- What you will do -
Of the entries below, restate word for word only the section that runs from the line with "-- ===== src/Base/Words.antt" to the line with "sub64_exact a b h k = omega arith", counting both ends.

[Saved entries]
--- START ---
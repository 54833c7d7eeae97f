-- ===== src/Base/Words.antt =====
-- `uint64_t` and `size_t` (64 bits): a value is a native number, and each operation wraps.
use Prim.Native.Nat.{ℕ, ◌+◌, ◌-◌, ◌*◌, ◌%◌, ◌^◌, ◌≤◌, ◌<◌}
use mathlib.Core.Path.{◌≡◌}
use native.Mathlib.Omega.{arith}
use native.Mathlib.Nat.{mod-eq_of_lt}

-- UINT64_MAX
abbrev pub uint64_max : ℕ
uint64_max = 2 ^ 64 - 1

abbrev pub add64 : ℕ → ℕ → ℕ
add64 a b = (a + b) % 2 ^ 64

abbrev pub sub64 : ℕ → ℕ → ℕ
sub64 a b = (a + 2 ^ 64 - b) % 2 ^ 64

abbrev pub mul64 : ℕ → ℕ → ℕ
mul64 a b = a * b % 2 ^ 64

pub add64_exact : (a b : ℕ) → a + b < 2 ^ 64 → add64 a b ≡ a + b
add64_exact a b h = omega arith

pub sub64_exact : (a b : ℕ) → b ≤ a → a < 2 ^ 64 → sub64 a b ≡ a - b
sub64_exact a b h k = omega arith

pub mul64_exact : (a b : ℕ) → a * b < 2 ^ 64 → mul64 a b ≡ a * b
mul64_exact a b h = mod-eq_of_lt h

pub add_sub_one64 : (a b : ℕ) → 0 < b → a + b ≤ 2 ^ 64 → sub64 (add64 a b) 1 ≡ a + b - 1
add_sub_one64 a b pos h = omega arith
--- END ---
- Exercise result -
-- ===== src/Base/Words.antt =====
-- `uint64_t` and `size_t` (64 bits): a value is a native number, and each operation wraps.
use Prim.Native.Nat.{ℕ, ◌+◌, ◌-◌, ◌*◌, ◌%◌, ◌^◌, ◌≤◌, ◌<◌}
use mathlib.Core.Path.{◌≡◌}
use native.Mathlib.Omega.{arith}
use native.Mathlib.Nat.{mod-eq_of_lt}

-- UINT64_MAX
abbrev pub uint64_max : ℕ
uint64_max = 2 ^ 64 - 1

abbrev pub add64 : ℕ → ℕ → ℕ
add64 a b = (a + b) % 2 ^ 64

abbrev pub sub64 : ℕ → ℕ → ℕ
sub64 a b = (a + 2 ^ 64 - b) % 2 ^ 64

abbrev pub mul64 : ℕ → ℕ → ℕ
mul64 a b = a * b % 2 ^ 64

pub add64_exact : (a b : ℕ) → a + b < 2 ^ 64 → add64 a b ≡ a + b
add64_exact a b h = omega arith

pub sub64_exact : (a b : ℕ) → b ≤ a → a < 2 ^ 64 → sub64 a b ≡ a - b
sub64_exact a b h k = omega arith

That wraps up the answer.